The Oregon Department of Agriculture announced today that beaches from the south jetty of the Columbia River to Neptune State Park, south of Yachats, have been closed to recreational mussel harvesting due to the presence of paralytic shellfish poisoning (PSP) toxins in those areas. According to the ODA news release concerning the unsafe mussels:
Shellfish contaminated with PSP toxins can cause minor to severe illness or even death. The symptoms usually begin with tingling of the mouth and tongue. Severe poisoning can result in dizziness, numbness and tingling in the arms and legs, paralysis of the arms and legs, and paralysis of the muscles used for breathing. Shellfish toxins are produced by algae and usually originate in the ocean.

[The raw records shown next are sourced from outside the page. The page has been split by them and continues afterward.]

-- ===== src/Manifest/Repositories.antt =====
-- The repositories that src/manifest.ts finds among the sources.
use patchlab.Common.{
  ◌≡◌, ap, ◌∙◌, text_eq_iff, Text, text_eq, has, has-append, IsDistinct, IsDistinct-append, Bool,
  ◌||◌, List, [], ◌∷◌, ◌++◌, anyb, arith, Bool-cases, inl, inr,
}
use patchlab.Manifest.{SourceSpecification, collect_distinct, distinct_repositories_from_sources}

abbrev pub lies_in : Text → SourceSpecification → Bool
lies_in root source = text_eq source.repository_root root

has-collect_distinct :
    (ordered : List Text) (sources : List SourceSpecification) (root : Text)
    → has (collect_distinct ordered sources) root
      ≡ (has ordered root || anyb (lies_in root) sources)
unfolding collect_distinct has
has-collect_distinct ordered [] root = ground arith
has-collect_distinct ordered (s ∷ sources) root =
    elim (Bool-cases (has ordered s.repository_root)) [
      | inl e ↦ rw e (
          has-collect_distinct ordered sources root
          ∙ ground (
            arith,
            e,
            text_eq_iff s.repository_root root,
            λ (q : s.repository_root ≡ root). ap (has ordered) q,
          ))
      | inr e ↦ rw e (
          has-collect_distinct (ordered ++ s.repository_root ∷ []) sources root
          ∙ ground (arith, has-append ordered (s.repository_root ∷ []) root))
    ]

collect_distinct-IsDistinct :
    (ordered : List Text) (sources : List SourceSpecification)
    → IsDistinct ordered
    → IsDistinct (collect_distinct ordered sources)
unfolding collect_distinct
collect_distinct-IsDistinct ordered [] h = h
collect_distinct-IsDistinct ordered (s ∷ sources) h =
    elim (Bool-cases (has ordered s.repository_root)) [
      | inl e ↦ rw e (collect_distinct-IsDistinct ordered sources h)
      | inr e ↦ rw e (
          collect_distinct-IsDistinct (ordered ++ s.repository_root ∷ []) sources
            (IsDistinct-append ordered s.repository_root h e))
    ]

-- The repositories are the roots in which some source lies, and none is listed twice.
pub distinct_repositories_from_sources_lem :
    (sources : List SourceSpecification)
    → IsDistinct (distinct_repositories_from_sources sources)
      × ((root : Text)
          → has (distinct_repositories_from_sources sources) root ≡ anyb (lies_in root) sources)
unfolding distinct_repositories_from_sources has
distinct_repositories_from_sources_lem sources =
    (collect_distinct-IsDistinct [] sources tt, λ root. has-collect_distinct [] sources root)
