-- ===== src/BranchDelete/Outcomes.antt =====
-- What src/branch/delete.ts reports for the repositories of a patchlab.
use patchlab.Common.{
  ◌≡◌, refl, ap, ◌∙◌, Text, text_eq_iff, has, List, [], ◌∷◌, anyb, none, some, or_else, get,
  get-put, if◌then◌else◌, arith, not, ok,
}
use patchlab.Manifest.{SandboxManifest, manifest_repositories}
use patchlab.Manifest.Repositories.{lies_in, distinct_repositories_from_sources_lem}
use patchlab.BranchDelete.{
  error, missing, then_run, unless_skipped, Git, DeleteBranchOutcome, DeleteBranchOptions, Traced,
  unapplied_gate_skips_with_baseline, unapplied_gate_skips, delete_branch_in_one_repository,
  delete_branch_in_one_repository_without_manifest, Deletion, outcome_of, record_outcome,
  delete_in_each, nothing_deleted, delete_patchlab_branch, delete_patchlab_branch_in_repositories,
}

get-delete_in_each :
    (delete : Text → Traced DeleteBranchOutcome) (so_far : Deletion) (roots : List Text) (k : Text)
    → get (delete_in_each delete so_far roots).outcomes k
      ≡ (if has roots k then some (outcome_of (delete k).0) else get so_far.outcomes k)
unfolding delete_in_each has
get-delete_in_each delete so_far [] k = refl
get-delete_in_each delete so_far (root ∷ roots) k =
    get-delete_in_each delete (record_outcome so_far root (delete root)) roots k
    ∙ ground (
      arith,
      get-put so_far.outcomes root k (outcome_of (delete root).0),
      text_eq_iff root k,
      λ (e : root ≡ k). ap (λ t. outcome_of (delete t).0) e,
    )

-- Every repository in which a source lies gets an outcome, and no other: the one that its own deletion
-- ends with, or "skipped" where that throws. So no repository's failure loses another's outcome.
pub delete_patchlab_branch_outcomes :
    (git : Text → Git) (manifest : SandboxManifest) (branch : Text) (options : DeleteBranchOptions)
    (root : Text)
    → get (delete_patchlab_branch git manifest branch options).outcomes root ≡ (
        if anyb (lies_in root) manifest.sources
        then some
            (outcome_of (delete_branch_in_one_repository manifest (git root) root branch options).0)
        else none)
unfolding delete_patchlab_branch manifest_repositories get
delete_patchlab_branch_outcomes git manifest branch options root =
    get-delete_in_each
      (λ root. delete_branch_in_one_repository manifest (git root) root branch options)
      nothing_deleted (manifest_repositories manifest) root
    ∙ ap
        (λ t.
          if t
          then some (
              outcome_of
                (delete_branch_in_one_repository manifest (git root) root branch options).0)
          else none)
        ((distinct_repositories_from_sources_lem manifest.sources).1 root)

-- Where no repository has a baseline, the deletion by the manifest does what the deletion in an explicit
-- list does on the manifest's repositories.
pub delete_patchlab_branch-eq-in_repositories :
    (git : Text → Git) (manifest : SandboxManifest) (branch : Text) (options : DeleteBranchOptions)
    → ((root : Text) → or_else (get manifest.baseline_commit_shas root) none ≡ none)
    → delete_patchlab_branch git manifest branch options
      ≡ delete_patchlab_branch_in_repositories git branch (manifest_repositories manifest) options
unfolding delete_patchlab_branch delete_patchlab_branch_in_repositories
    delete_branch_in_one_repository delete_branch_in_one_repository_without_manifest
    unapplied_gate_skips
delete_patchlab_branch-eq-in_repositories git manifest branch options no_baseline = λ i.
    delete_in_each
      (λ root.
        if not (git root).is_reachable
        then (ok error, [])
        else if not (git root).branch_exists
        then (ok missing, [])
        else then_run (unless_skipped (git root) root) (
            unapplied_gate_skips_with_baseline (git root) root branch (no_baseline root i) options))
      nothing_deleted (manifest_repositories manifest)
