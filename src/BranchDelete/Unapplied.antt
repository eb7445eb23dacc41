-- ===== src/BranchDelete/Unapplied.antt =====
-- Which commits src/branch/delete.ts takes for unapplied.
use patchlab.Common.{
  ◌≡◌, refl, sym, ap, ◌∙◌, Text, text_eq_iff, has, Bool, true, false, not, ◌&&◌, List, [], ◌∷◌,
  filterb, allb, anyb, Option, none, some, ok, err, or_else, arith, ok-injective, if◌then◌else◌,
}
use patchlab.BranchDelete.{
  Git, log_failed, parse_unapplied_shas, parse_branch_commit_list, intersect, intersect_all,
  compute_unapplied_intersection, is_baseline, without_baseline, exclusive_commits, commits_of,
  commits_beyond, list_other_local_branches, unapplied_session_commits,
}

has-filterb :
    (p : Text → Bool) (shas : List Text) (k : Text) → has (filterb p shas) k ≡ (has shas k && p k)
unfolding has
has-filterb p [] k = refl
has-filterb p (s ∷ shas) k =
    ground (arith, has-filterb p shas k, text_eq_iff s k, λ (e : s ≡ k). ap p e)

-- Whether a comparison does not show the commit as applied; one that failed shows nothing.
abbrev pub keeps : Option Text → Text → Bool
keeps none sha = true
keeps (some stdout) sha = has (parse_unapplied_shas stdout) sha

abbrev pub succeeded : Option Text → Bool
succeeded none = false
succeeded (some _) = true

-- Whether some comparison succeeded
abbrev pub any_compared : (Text → Option Text) → List Text → Bool
any_compared cherry others = anyb (λ other. succeeded (cherry other)) others

-- Whether no comparison shows the commit as applied
abbrev pub all_keep : (Text → Option Text) → List Text → Text → Bool
all_keep cherry others sha = allb (λ other. keeps (cherry other) sha) others

intersect_all-some :
    (cherry : Text → Option Text) (d shas others : List Text) (k : Text)
    → has (or_else (intersect_all cherry (some shas) others) d) k
      ≡ (has shas k && all_keep cherry others k)
unfolding intersect_all
intersect_all-some cherry d shas [] k = ground arith
intersect_all-some cherry d shas (other ∷ others) k =
    step (cherry other) (λ kept. intersect_all-some cherry d kept others k)
  where
    step :
        (o : Option Text)
        → ((kept : List Text)
            → has (or_else (intersect_all cherry (some kept) others) d) k
              ≡ (has kept k && all_keep cherry others k))
        → has (or_else (intersect_all cherry (intersect (some shas) o) others) d) k
          ≡ (has shas k && (if keeps o k then all_keep cherry others k else false))
    step none later = later shas
    step (some stdout) later =
        later (filterb (has (parse_unapplied_shas stdout)) shas)
        ∙ ground (arith, has-filterb (has (parse_unapplied_shas stdout)) shas k)

intersect_all-none :
    (cherry : Text → Option Text) (d others : List Text) (k : Text)
    → has (or_else (intersect_all cherry none others) d) k
      ≡ (if any_compared cherry others then all_keep cherry others k else has d k)
unfolding intersect_all
intersect_all-none cherry d [] k = refl
intersect_all-none cherry d (other ∷ others) k =
    step (cherry other) (intersect_all-none cherry d others k)
  where
    step :
        (o : Option Text)
        → has (or_else (intersect_all cherry none others) d) k
          ≡ (if any_compared cherry others then all_keep cherry others k else has d k)
        → has (or_else (intersect_all cherry (intersect none o) others) d) k ≡ (
            if (if succeeded o then true else any_compared cherry others)
            then (if keeps o k then all_keep cherry others k else false)
            else has d k)
    step none later = later
    step (some stdout) later =
        intersect_all-some cherry d (parse_unapplied_shas stdout) others k ∙ ground arith

-- On a branch that exists and whose log can be read, the commits that are reported unapplied are: where
-- the comparison with some other branch succeeded, those that every successful comparison reports, and
-- otherwise all commits of the branch; of them all but the baseline.
pub unapplied_session_commits_lem :
    (git : Git) (branch log_output : Text) (baseline : Option Text) (others shas : List Text)
    → git.branch_exists ≡ true
    → git.log ≡ some log_output
    → list_other_local_branches git branch ≡ ok others
    → unapplied_session_commits git branch baseline ≡ ok shas
    → (sha : Text)
    → has shas sha ≡ (
        (if any_compared git.cherry others
          then all_keep git.cherry others sha
          else has (parse_branch_commit_list log_output) sha)
        && not (is_baseline baseline sha))
unfolding unapplied_session_commits compute_unapplied_intersection
unapplied_session_commits_lem git branch log_output baseline others shas there logged listed h sha =
    let found = exclusive_commits git log_output others in
    let computed : unapplied_session_commits git branch baseline
        ≡ ok (without_baseline baseline found) =
      ap (λ t. if t then commits_of git branch baseline git.log else ok []) there
      ∙ ap (commits_of git branch baseline) logged
      ∙ ap (commits_beyond git log_output baseline) listed in
    let same : without_baseline baseline found ≡ shas = ok-injective (sym computed ∙ h) in
    ap (λ shas. has shas sha) (sym same)
    ∙ has-filterb (λ sha. not (is_baseline baseline sha)) found sha
    ∙ ap (λ t. t && not (is_baseline baseline sha))
        (intersect_all-none git.cherry (parse_branch_commit_list log_output) others sha)

-- Where the branch exists, nothing is reported only if nothing could have been: a log that cannot be
-- read, or branches that cannot be listed, are an error.
pub unapplied_session_commits-eq-err :
    (git : Git) (branch : Text) (baseline : Option Text)
    → git.branch_exists ≡ true
    → git.log ≡ none
    → (message : Text) × (unapplied_session_commits git branch baseline ≡ err message)
unfolding unapplied_session_commits
unapplied_session_commits-eq-err git branch baseline there unreadable = (
  log_failed,
  ap (λ t. if t then commits_of git branch baseline git.log else ok []) there
      ∙ ap (commits_of git branch baseline) unreadable,
)
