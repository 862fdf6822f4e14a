-- ===== src/Transport.antt =====
-- crates/host-coordinator/src/transport.rs: the host-staged transport of transfers.
pub mod Records
pub mod Spec
pub mod Peers
pub mod Adapter
pub mod Validation
pub mod Accounts
pub mod Landed
pub mod PeerCopies
pub mod Copies
pub mod Runs
pub mod Registry
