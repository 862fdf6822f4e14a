-- ===== src/Transport/PeerCopies.antt =====
-- `PeerAdapter::copy` (crates/host-coordinator/src/transport.rs).
use hosts.Base.{Result, ok, err, ◌≢◌, arith, inl, inr, Bool-cases}
use hosts.Base.Order.{nat_ord}
use hosts.BoundPlan.{LogicalPartitionId}
use hosts.Transport.Spec.{TransferSpec, SourceValue, TransferRejection, validate_before_copy}
use hosts.Transport.Peers.{DirectedPair, PeerPairRegistry, is_admitted}
use hosts.Transport.Adapter.{TransferOutcome, peer_copy_attempt, peer_checked}

peer_refuses :
    (registry : PeerPairRegistry) (pair : DirectedPair) (v : Result (Unit {0}) TransferRejection)
    (o : TransferOutcome)
    → peer_checked registry pair v ≢ ok o
peer_refuses registry pair (err x) o h = ground arith
peer_refuses registry pair (ok u) o h = elim (Bool-cases (is_admitted pair registry)) [
  | inl e ↦ absurd (ground arith)
  | inr e ↦ absurd (ground arith)
]

-- `PeerAdapter` never copies: whatever pairs it admitted, the answer is an error.
pub peer_never_copies :
    (spec : TransferSpec) (source : SourceValue) (destination : LogicalPartitionId)
    (registry : PeerPairRegistry) (o : TransferOutcome)
    → peer_copy_attempt spec source destination registry ≢ ok o
unfolding peer_copy_attempt
peer_never_copies spec source destination registry o h =
    peer_refuses registry _ (validate_before_copy spec source destination) o h
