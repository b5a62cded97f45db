-- ===== src/Session.antt =====
-- Sessions: the tokens, the grants that hold them, and the tree of nodes that leads to the grants.
pub mod Token
pub mod Claims
pub mod Grant
pub mod Database
pub mod BranchId
pub mod Manager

In addition to muscles, ODA recommends that recreational shellfish harvesters not consume whole scallops.
The Washington Department of Health explains PSP poisoning associated with "red tide" on its Website. According to WDOH, the amount of PSP toxin emitted from algae into the water increases when water conditions are favorable, but the exact combination of conditions that cause PSP levels to increase is not known. Unlike with bacterial contaminants like vibrio, warm water conditions do not necessarily increase the level of PSP toxins in the water.
A reminder to recreational shellfish harvesters: Always check with the appropriate authorities before consuming shellfish that has been harvested from areas that could be impacted by PSPs or other pathogens.